Ma si sa, non può piovere per sempre, e la ripresa economica del paese nei primi anni ’90 infonde un clima di speranza e positività che, ancora una volta, esercita un considerevole impatto sulla pop culture d’oltremanica. Ricalcando i fasti della Swinging London, l’Inghilterra torna ancora una volta ad assumere consapevolezza della propria influenza a livello mondiale, recuperando brillantemente l’orgoglio perduto. A metà degli anni ’90 essere inglesi diventa di moda, tanto che viene coniata l’espressione, inizialmente parodistica, ma poi ufficialmente utilizzata per indicare il suddetto fenomeno, Cool Britannia.

gSono gli anni del Brit Pop, un’evoluzione dell’alternative rock inglese. Un genere fresco, nuovo,  che rielabora le sonorità del rock anni ’60 o le atmosfere del glam anni ’70 in chiave contemporanea, alla luce dell’eredità lasciata dalla scena musicale Madchester e Shoegaze.

Oasis, Blur, Suede, Verve, Ocean Colour Scene, Ash, Kula Shaker, Pulp, Supergrass, Elastica, sono solo alcuni dei gruppi che in questi anni scalano i vertici delle classifiche di tutta Europa, avendo il merito di raccontare le avversità della vita quotidiana con amara ironia, servendosi di melodie Catchy, pur non rinunciando ad una spiccata componente Rock. Parallelamente locali underground  come Ministry Of Sound e Megatripolis diventano in pochi anni dei veri e propri templi della vita notturna londinese, e punto di riferimento per un’intera generazione di Ravers, contribuendo alla diffusione in ambito mainstream della musica Techno.

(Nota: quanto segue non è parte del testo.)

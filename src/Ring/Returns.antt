-- ===== src/Ring/Returns.antt =====
-- When the walk of `GetNeighbors` in src/kvsrv/chr/ring.go ends.
use native.Mathlib.Nat.{mod-eq_of_lt, mod_self}
use mathlib.Core.Path.{subst}
use dynamo_kvsrv_pbs.Prelude.{
  ℕ, zero, suc, ◌+◌, ◌%◌, ◌<◌, ◌≤◌, ◌≡◌, ◌≢◌, ◌⊎◌, ◌∙◌, ap, String, true, false, ◌||◌, none, some,
  List, [], ◌∷◌, ◌++◌, arith, ltb, eqb, eqb_iff, length, contains, contains-append, IsDistinct,
  string_eq, ◌==◌, Bool-cases, inl, inr, ltb→lt, ltb→ge,
}
use dynamo_kvsrv_pbs.Ring.{
  Ring, owner, neighbors_loop, get_neighbors, target_neighbors, delete_from_slice,
}

length-delete_from_slice :
    (ys : List String) (x : String)
    → contains ys x ≡ true
    → length ys ≡ suc (length (delete_from_slice ys x))
unfolding delete_from_slice contains
length-delete_from_slice [] x h = absurd (cc)
length-delete_from_slice (y ∷ ys) x h = elim (Bool-cases (y == x)) [
  | inl e ↦ rw e
  | inr e ↦ rw e (omega (arith, length-delete_from_slice ys x (rw e at h)))
]

contains-delete_from_slice :
    (ys : List String) (x c : String)
    → contains ys c ≡ true
    → (x == c) ≡ false
    → contains (delete_from_slice ys x) c ≡ true
unfolding delete_from_slice contains
contains-delete_from_slice [] x c h n = h
contains-delete_from_slice (y ∷ ys) x c h n = elim (Bool-cases (y == x)) [
  | inl e ↦
      rw e (ground (arith, string_eq.beq_iff y x, string_eq.beq_iff y c, string_eq.beq_iff x c))
  | inr e ↦ rw (e, contains) (ground (arith, contains-delete_from_slice ys x c))
]

-- A list without repetitions whose elements are all in another list is no longer than that one.
length_within :
    (xs ys : List String)
    → IsDistinct xs
    → ((c : String) → contains xs c ≡ true → contains ys c ≡ true)
    → length xs ≤ length ys
unfolding contains
length_within [] ys d h = omega arith
length_within (x ∷ xs) ys d h =
    let first : contains ys x ≡ true = h x (ground (arith, string_eq.beq_iff x x)) in
    let rest = length_within xs (delete_from_slice ys x) d.1 (λ c k.
      contains-delete_from_slice ys x c (h c (ground (arith, k)))
        (ground (arith, k, d.0, string_eq.beq_iff x c))) in
    omega (arith, rest, length-delete_from_slice ys x first)

-- The sectors that `fuel` rounds from `sector` on visit in a ring of `n` sectors.
abbrev IsVisited : ℕ → ℕ → ℕ → ℕ → Type 0
IsVisited n fuel sector s = ((sector ≤ s) × (s < sector + fuel)) ⊎ (s + n < sector + fuel)

-- A walk that runs out of fuel knows too few nodes, and the owners of all sectors that it visited.
record IsStuck (chr : Ring) (target fuel sector : ℕ) (nodes : List String) : Type 0 where
  found : List String
  few : length found < target
  grown : (c : String) → contains nodes c ≡ true → contains found c ≡ true
  seen :
      (s : ℕ)
      → s < chr.num_sectors
      → IsVisited chr.num_sectors fuel sector s
      → contains found (owner chr s) ≡ true

last_in : (nodes : List String) (x : String) → (contains nodes x || contains (x ∷ []) x) ≡ true
unfolding contains
last_in nodes x = ground (arith, string_eq.beq_iff x x)

everywhere : (n sector s : ℕ) → s < n → IsVisited n n sector s
everywhere n sector s h = elim (Bool-cases (ltb s sector)) [
  | inl e ↦ inr (omega (arith, h, ltb→lt s sector e))
  | inr e ↦ let k = ltb→ge s sector e in inl (k, omega (arith, h, k))
]

module _ (chr : Ring) (target : ℕ) where
  abbrev next_sector : ℕ → ℕ
  next_sector sector = (sector + 1) % chr.num_sectors

  next_cases :
      (sector : ℕ)
      → sector < chr.num_sectors
      → ((sector + 1 < chr.num_sectors) × (next_sector sector ≡ sector + 1))
        ⊎ ((sector + 1 ≡ chr.num_sectors) × (next_sector sector ≡ 0))
  next_cases sector h = elim (Bool-cases (ltb (sector + 1) chr.num_sectors)) [
    | inl e ↦ let lt = ltb→lt (sector + 1) chr.num_sectors e in inl (lt, mod-eq_of_lt lt)
    | inr e ↦
        let last : sector + 1 ≡ chr.num_sectors =
          omega (arith, h, ltb→ge (sector + 1) chr.num_sectors e) in
        inr (last, ap (λ z. z % chr.num_sectors) last ∙ mod_self chr.num_sectors)
  ]

  next_in : (sector : ℕ) → sector < chr.num_sectors → next_sector sector < chr.num_sectors
  next_in sector h = elim (next_cases sector h) [
    | inl (lt, e) ↦ omega (arith, lt, e)
    | inr (last, e) ↦ omega (arith, h, e)
  ]

  -- A sector that is visited is the present one, or is visited from the next one on.
  IsVisited-next :
      (fuel sector s : ℕ)
      → sector < chr.num_sectors
      → s < chr.num_sectors
      → IsVisited chr.num_sectors (suc fuel) sector s
      → (sector ≡ s) ⊎ IsVisited chr.num_sectors fuel (next_sector sector) s
  IsVisited-next fuel sector s h k v = elim (Bool-cases (eqb sector s)) [
    | inl e ↦ inl ((eqb_iff sector s).0 e)
    | inr n ↦ elim (next_cases sector h) [
      | inl (lt, e) ↦ elim v [
        | inl (a, b) ↦ inr (inl (ground (arith, a, n, e), omega (arith, b, e)))
        | inr c ↦ inr (inr (omega (arith, c, e)))
      ]
      | inr (last, e) ↦ elim v [
        | inl (a, b) ↦ absurd (ground (arith, a, n, k, last))
        | inr c ↦ inr (inl (omega (arith, e), omega (arith, c, e, last)))
      ]
    ]
  ]

  IsStuck-before :
      (fuel sector : ℕ) (nodes nodes' : List String)
      → sector < chr.num_sectors
      → ((c : String) → contains nodes c ≡ true → contains nodes' c ≡ true)
      → contains nodes' (owner chr sector) ≡ true
      → IsStuck chr target fuel (next_sector sector) nodes'
      → IsStuck chr target (suc fuel) sector nodes
  IsStuck-before fuel sector nodes nodes' h grow here r = record {
    found = r.found;
    few = r.few;
    grown = λ c k. r.grown c (grow c k);
    seen = λ s k v. elim (IsVisited-next fuel sector s h k v) [
      | inl e ↦
          subst (λ x. contains r.found (owner chr x) ≡ true) e (r.grown (owner chr sector) here)
      | inr v' ↦ r.seen s k v'
    ];
  }

  stuck :
      (fuel : ℕ) (nodes : List String) (sectors : List ℕ) (sector : ℕ)
      → sector < chr.num_sectors
      → neighbors_loop fuel chr target nodes sectors sector ≡ none
      → IsStuck chr target fuel sector nodes
  unfolding neighbors_loop
  stuck zero nodes sectors sector h e = elim (Bool-cases (ltb (length nodes) target)) [
    | inr n ↦ let k : some (nodes, sectors) ≡ none = rw (n, neighbors_loop) at e in absurd (cc)
    | inl n ↦ record {
      found = nodes;
      few = ltb→lt (length nodes) target n;
      grown = λ c k. k;
      seen = λ s k v. elim v [
        | inl (a, b) ↦ absurd (omega (arith, a, b))
        | inr c ↦ absurd (omega (arith, c, h))
      ];
    }
  ]
  stuck (suc fuel) nodes sectors sector h e = elim (Bool-cases (ltb (length nodes) target)) [
    | inr n ↦ let k : some (nodes, sectors) ≡ none = rw (n, neighbors_loop) at e in absurd (cc)
    | inl n ↦ elim (Bool-cases (contains nodes (owner chr sector))) [
      | inl c ↦
          IsStuck-before fuel sector nodes nodes h (λ d k. k) c
            (stuck fuel nodes sectors (next_sector sector) (next_in sector h)
              (rw (n, c, neighbors_loop) at e))
      | inr c ↦
          let nodes' = nodes ++ owner chr sector ∷ [] in
          IsStuck-before fuel sector nodes nodes' h (λ d k. rw contains-append (ground (arith, k)))
            (rw contains-append (last_in nodes (owner chr sector)))
            (stuck fuel nodes' (sectors ++ sector ∷ []) (next_sector sector) (next_in sector h)
              (rw (n, c, neighbors_loop) at e))
    ]
  ]

-- GetNeighbors returns: its loop finds the nodes that it asks for within one round for each
-- sector, if the sector is in the ring and at least as many different nodes own a sector.
pub get_neighbors_returns :
    (chr : Ring) (sector : ℕ) (nodes : List String)
    → sector < chr.num_sectors
    → IsDistinct nodes
    → target_neighbors chr ≤ length nodes
    → ((o : String) → contains nodes o ≡ true → (s : ℕ) × (s < chr.num_sectors) × (owner chr s ≡ o))
    → get_neighbors chr sector ≢ none
unfolding get_neighbors
get_neighbors_returns chr sector nodes h d enough own e =
    let r = stuck chr (target_neighbors chr) chr.num_sectors [] [] sector h e in
    let within = length_within nodes r.found d (λ o k.
      let (s, lt, at_s) = own o k in
      subst (λ x. contains r.found x ≡ true) at_s
        (r.seen s lt (everywhere chr.num_sectors sector s lt))) in
    let few = r.few in omega (arith, within, few, enough)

La musica non è però l’unico settore in cui l’Inghilterra risorge dalle proprie ceneri: il 1996 è l’anno degli europei di calcio, disputati in casa, che hanno il merito di accendere ed entusiasmare ulteriormente gli animi inglesi, non a caso la canzone-simbolo della manifestazione è Three Lions di Baddiel, Skinner and The Lightning Seeds, il cui testo  è incentrato sulla modestissima frase Football’s coming home.

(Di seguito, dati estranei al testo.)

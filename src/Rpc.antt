-- ===== src/Rpc.antt =====
-- src/kvsrv/rpc: the values that servers and clients exchange.
pub mod Context
pub mod Object
pub mod MemberInfo
pub mod Messages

L’avvenimento che però è considerato dai più l’emblema dell’ autocompiacimento ostentato dalla Cool Britannia Generation è l’esibizione delle Spice Girls ai Brit Awards del 1997, quando durante l’esecuzione di Who Do You Think You Are,  Geri Halliwell sfoggia un abito raffigurante la bandiera inglese, definito per l’appunto dalla stampa scandalistica Union Jack Dress.

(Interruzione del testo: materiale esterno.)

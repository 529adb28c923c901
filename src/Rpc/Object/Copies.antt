-- ===== src/Rpc/Object/Copies.antt =====
-- The versions of the copies that `CopyObjects` of src/kvsrv/rpc/object.go makes.
use dynamo_kvsrv_pbs.Prelude.{◌≡◌, ◌∙◌, refl, List, [], ◌∷◌, arith, All}
use dynamo_kvsrv_pbs.VClock.Laws.{compare-copy, compare-copy_right}
use dynamo_kvsrv_pbs.Rpc.Context.{compare, copy}
use dynamo_kvsrv_pbs.Rpc.Object.{Object, compare_to, copy_object, copy_objects}
use dynamo_kvsrv_pbs.Rpc.Object.Seen.{seen_in}
use dynamo_kvsrv_pbs.Rpc.Object.Antichain.{IsConcurrent, IsAntichain}
use dynamo_kvsrv_pbs.Rpc.Object.Sorted.{NotLater, IsSorted}

pub compare_to-copy_object :
    (x y : Object) → compare_to (copy_object x) (copy_object y) ≡ compare_to x y
unfolding compare copy copy_object
compare_to-copy_object x y = compare-copy x.context.vc y.context.vc

pub compare_to-copy_right : (x y : Object) → compare_to x (copy_object y) ≡ compare_to x y
unfolding compare copy copy_object
compare_to-copy_right x y = compare-copy_right x.context.vc y.context.vc

-- A version is included in the copies exactly when it is included in the objects.
pub seen_in-copy_objects :
    (x : Object) (ys : List Object) → seen_in x (copy_objects ys) ≡ seen_in x ys
unfolding copy_objects
seen_in-copy_objects x [] = refl
seen_in-copy_objects x (y ∷ ys) =
    ground (arith, compare_to-copy_right x y, seen_in-copy_objects x ys)

IsConcurrent-copies :
    (x : Object) (ys : List Object)
    → All (IsConcurrent x) ys
    → All (IsConcurrent (copy_object x)) (copy_objects ys)
unfolding copy_objects
IsConcurrent-copies x [] h = tt
IsConcurrent-copies x (y ∷ ys) h = (compare_to-copy_object x y ∙ h.0, IsConcurrent-copies x ys h.1)

pub copy_objects-IsAntichain : (xs : List Object) → IsAntichain xs → IsAntichain (copy_objects xs)
unfolding copy_objects
copy_objects-IsAntichain [] h = tt
copy_objects-IsAntichain (x ∷ xs) h =
    (IsConcurrent-copies x xs h.0, copy_objects-IsAntichain xs h.1)

later-copies :
    (x : Object) (ys : List Object)
    → All (NotLater x) ys
    → All (NotLater (copy_object x)) (copy_objects ys)
unfolding copy_objects copy
later-copies x [] h = tt
later-copies x (y ∷ ys) h = (h.0, later-copies x ys h.1)

pub copy_objects-IsSorted : (xs : List Object) → IsSorted xs → IsSorted (copy_objects xs)
unfolding copy_objects
copy_objects-IsSorted [] h = tt
copy_objects-IsSorted (x ∷ xs) h = (later-copies x xs h.0, copy_objects-IsSorted xs h.1)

Da allora il termine Cool Britannia divenne talmente inflazionato e logoro da risultare, agli albori del terzo millennio, irritante persino agli inglesi stessi, che dopo il definitivo declino del Brit Pop e relativi fenomeni annessi, lo utilizzano in senso chiaramente dispregiativo e derisorio, forse col tentativo di esorcizzare un passato che è più presente di quanto si possa pensare.